この記事をまとめると
■大阪オートメッセ2025で「わかば」カラーのケンメリ・スカイラインが展示された■その正体は斬新なプロテクション塗装「SPPF」のデモカー
■高い防御性能と剥がせる特性をもちながらもカラフルな新技術の塗装に注目
ただのウケ狙いではない「わかば」カラーのケンメリ
2025年2月7~9日に大阪港湾地域のインテックス大阪で開催された「大阪オートメッセ2025」。記録的な大寒波に見舞われるなか、3日間の合計で19万人以上のカスタムカー好きが来場し、会場は熱気を伴う賑わいを見せていました。
ここでは、多くの出展車両のなかから、筆者がとても興味を惹かれた車両を紹介していきたいと思います。
この記事を見ている人のなかで、「わかば」というタバコを知っている人はどれくらいいるでしょうか?
いま60歳以上の人なら現役で知っている可能性がそれなりにあると思いますが、50代より若い世代では「なんのこっちゃ?」という人がほとんどでしょう。紙巻きタバコのジャンルでは、安くて強めな部類にあたり、昔の人が「これくらいの刺激じゃないと吸った気にならないよなぁ」という感じの銘柄です。
当初から変わらない古めかしいデザインのパッケージも相まって、昔のタバコというイメージがありますが、葉巻タバコに形態を変えたりした時期を挟みながら、いまでも残っている銘柄です。そんな懐かしさを感じる「わかば」のカラーリングで仕上げられた車両が展示してあったので、思わずブースにお邪魔して取材をしてきました。

車両はいま価格の高騰で話題になっている「ケンメリ」こと日産スカイライン(C110型)です。ベースは1973年式の「2000GT・2ドアハードトップ」ですが、オーバーフェンダーや前後のグリルやガーニッシュなどがGT-R用に替えられた、いわゆる「R仕様」という定番のカスタムがほどこされた車両です。
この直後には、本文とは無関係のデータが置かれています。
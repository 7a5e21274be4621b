-- ===== src/Net/AppList/Listed.antt =====
-- What is listed, and that the loop ends.
use arcade_launcher_stream_e.Base.Result.{Result, Ensures, Ensures-bind, holds}
use arcade_launcher_stream_e.Net.AppList.{
  find_app_body, AppInfo, keep_app, app_loop, parse_app_list, behind_tag, keep, over_found,
  read_app_info, app_body, over_body, ends_name,
}
use arcade_launcher_stream_e.Net.Xml.{split_at, split_before, in_front}
use arcade_launcher_stream_e.Base.{
  ℕ, zero, suc, ◌<◌, ◌≤◌, Bytes, codes, Bool, true, not, ◌&&◌, List, [], ◌∷◌, ◌==◌, Option, none,
  some, ◌≡◌, refl, inl, inr, arith, length, Bool-cases, is_empty, starts_with, above, drop,
  length-drop-le,
}

abbrev Shorter : ℕ → Option Bytes → Type 0
Shorter n none = Unit
Shorter n (some s) = length s < n

Shorter-suc : (n : ℕ) (o : Option Bytes) → Shorter n o → Shorter (suc n) o
Shorter-suc n none h = tt
Shorter-suc n (some s) h = omega arith

behind_tag-in_front :
    (c : ℕ) (o : Option (Bytes × Bytes)) → behind_tag (in_front c o) ≡ behind_tag o
behind_tag-in_front c none = refl
behind_tag-in_front c (some _) = refl

behind_tag-Shorter : (s : Bytes) → Shorter (length s) (behind_tag (split_at b'>' s))
unfolding split_at
behind_tag-Shorter [] = tt
behind_tag-Shorter (c ∷ s) =
    let later = Shorter-suc (length s) _ (behind_tag-Shorter s) in
    elim (Bool-cases (c == b'>')) [
      | inl e ↦ rw e (omega arith)
      | inr e ↦ rw (e, behind_tag-in_front c (split_at b'>' s)) later
    ]

app_body-Shorter :
    (t s : Bytes) (further : Option Bytes)
    → Shorter (length s) further
    → Shorter (length s) (app_body t s further)
app_body-Shorter [] s further h = tt
app_body-Shorter (c ∷ t) s further h = elim (Bool-cases (ends_name c)) [
  | inl e ↦ rw e (behind_tag-Shorter s)
  | inr e ↦ rw e h
]

find_app_body-Shorter : (s : Bytes) → Shorter (length s) (find_app_body s)
unfolding find_app_body
find_app_body-Shorter [] = tt
find_app_body-Shorter (c ∷ s) =
    let later = Shorter-suc (length s) _ (find_app_body-Shorter s) in
    elim (Bool-cases (starts_with (codes "<App") (c ∷ s))) [
      | inl e ↦ rw e (app_body-Shorter (drop 4 (c ∷ s)) (c ∷ s) (find_app_body s) later)
      | inr e ↦ rw e later
    ]

abbrev Within : ℕ → Option (Bytes × Bytes) → Type 0
Within n none = Unit
Within n (some (before, from)) = length from ≤ n

Within-in_front :
    (n c : ℕ) (o : Option (Bytes × Bytes)) → Within n o → Within (suc n) (in_front c o)
Within-in_front n c none h = tt
Within-in_front n c (some (before, from)) h = omega arith

split_before-Within : (p s : Bytes) → Within (length s) (split_before p s)
unfolding split_before
split_before-Within p [] = elim (Bool-cases (is_empty p)) [
  | inl e ↦ rw e (omega arith)
  | inr e ↦ rw e tt
]
split_before-Within p (c ∷ s) =
    let later = Within-in_front (length s) c _ (split_before-Within p s) in
    elim (Bool-cases (starts_with p (c ∷ s))) [ inl e ↦ rw e (omega arith) | inr e ↦ rw e later ]

unfoldable pub is_listed : AppInfo → Bool
is_listed a = above a.id 0 && not (is_empty a.title)

unfoldable pub are_listed : List AppInfo → Bool
are_listed [] = true
are_listed (a ∷ apps) = is_listed a && are_listed apps

are_listed-keep_app :
    (a : AppInfo) (apps : List AppInfo)
    → are_listed apps ≡ true
    → are_listed (keep_app a apps) ≡ true
unfolding are_listed is_listed keep_app
are_listed-keep_app a apps h = ground arith

abbrev pub Listed : List AppInfo → Type 0
Listed apps = are_listed apps ≡ true

keep-Ensures :
    (block : Bytes) (rest : Result (List AppInfo))
    → Ensures Listed rest
    → Ensures Listed (keep block rest)
keep-Ensures block rest h =
    Ensures-bind h λ apps k. holds (are_listed-keep_app (read_app_info block) apps k)

over_body-Ensures :
    (loop : Bytes → Result (List AppInfo)) (body : Bytes) (o : Option (Bytes × Bytes))
    → Within (length body) o
    → ((t : Bytes) → length t ≤ length body → Ensures Listed (loop t))
    → Ensures Listed (over_body loop body o)
unfolding over_body
over_body-Ensures loop body none h k = keep-Ensures body (loop []) (k [] (omega arith))
over_body-Ensures loop body (some (block, close)) h k =
    keep-Ensures block (loop (drop 6 close))
      (k (drop 6 close) (omega (arith, length-drop-le 6 close)))

over_found-Ensures :
    (loop : Bytes → Result (List AppInfo)) (n : ℕ) (o : Option Bytes)
    → Shorter n o
    → ((t : Bytes) → length t < n → Ensures Listed (loop t))
    → Ensures Listed (over_found loop o)
unfolding over_found are_listed
over_found-Ensures loop n none h k = holds refl
over_found-Ensures loop n (some body) h k =
    over_body-Ensures loop body (split_before (codes "</App>") body)
      (split_before-Within (codes "</App>") body) (λ t m. k t (omega arith))

app_loop-Ensures : (f : ℕ) (s : Bytes) → length s < f → Ensures Listed (app_loop f s)
unfolding app_loop
app_loop-Ensures zero s h = elim h [ ]
app_loop-Ensures (suc f) s h =
    over_found-Ensures (λ t. app_loop f t) (length s) (find_app_body s) (find_app_body-Shorter s)
      (λ t m. app_loop-Ensures f t (omega arith))

-- `parse_app_list` ends on every text, and every app that it lists has a positive id and a title.
pub parse_app_list-Ensures : (xml : Bytes) → Ensures Listed (parse_app_list xml)
unfolding parse_app_list
parse_app_list-Ensures xml = app_loop-Ensures (suc (length xml)) xml (omega arith)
そんな人気の高い「ケンメリ」のハードトップモデルを大胆なカラーリングに塗ってしまった理由を聞こうと、出展社の「西尾ボデー」の西尾さんに尋ねると、「これ、じつはプロテクション塗装なんです」という答えが返ってきました。
この塗装は「SPPF」というブランドの製品だそうで、塗装を飛び石や擦れから保護してくれるとともに、売却などで不要となったときにはキレイに剥がして原状復帰ができるというものでした。ちなみにこの「ケンメリ」はオーナーさんがいる車両で、出展の相談をしたところ気前よく「好きにに塗っちゃってください」と許諾が得られ、オートメッセへの展示となったそうです。

ベースのクリーム色と、2色の緑色の部分がその「SPPF」塗料による塗りわけで、サイドの「わかば」の文字はカッティングシートなんだとか。
まったく新しいプロテクション塗装「SPPF」とは
こういうプロテクション性能をもった機能性塗料は海外塗料ブランドのイメージが強いですが、この「SPPF」という塗料は、「ジェットストローク」という日本の会社が独自開発したものだそうです。
その特徴は、まずゴム質の下地による高いプロテクション性能です。10層に及ぶ塗り重ねによって、プロテクションフィルムの数倍という塗膜の厚みを実現。その厚みのぶん、優れた防御性能を発揮するそうです。

そして、剥がれにくさも特徴のひとつ。プロテクションフィルムの場合はフィルムの端部が風などでめくれてくると、そこから剥がれが進行してしまうことがありますが、この「SPPF」は塗装のため密着性が高く、剥がれにくい特性が長所となっているとのこと。
また、機能性塗料の多くは選べるカラーが少ないという傾向がありますが、この「SPPF」は仕上げのクリア塗膜の一段下にカラー層を設けているのがポイントで、そのカラーは調色ができるため、さまざまなカラーに対応できるそう。

そして、剥がせるというのも大きなポイントでしょう。高い密着性を持ちながら、剥がすときはフィルムのように跡が残ることなくキレイに戻すことができるので、原状復帰や、色を変えてイメージチェンジ、というのもイージーにおこなえます。
塗装の仕上げについても、施工できるのは技術認定をパスしたところだけという認定制度を導入しているので、技術のバラ付きがなく安心して施工が受けられるとのこと。実際に展示してあった「ケンメリ」や、その隣のヒョンデ・コナに施された塗装を見ると、純正の塗装に迫る品質で塗られていることが感じられました。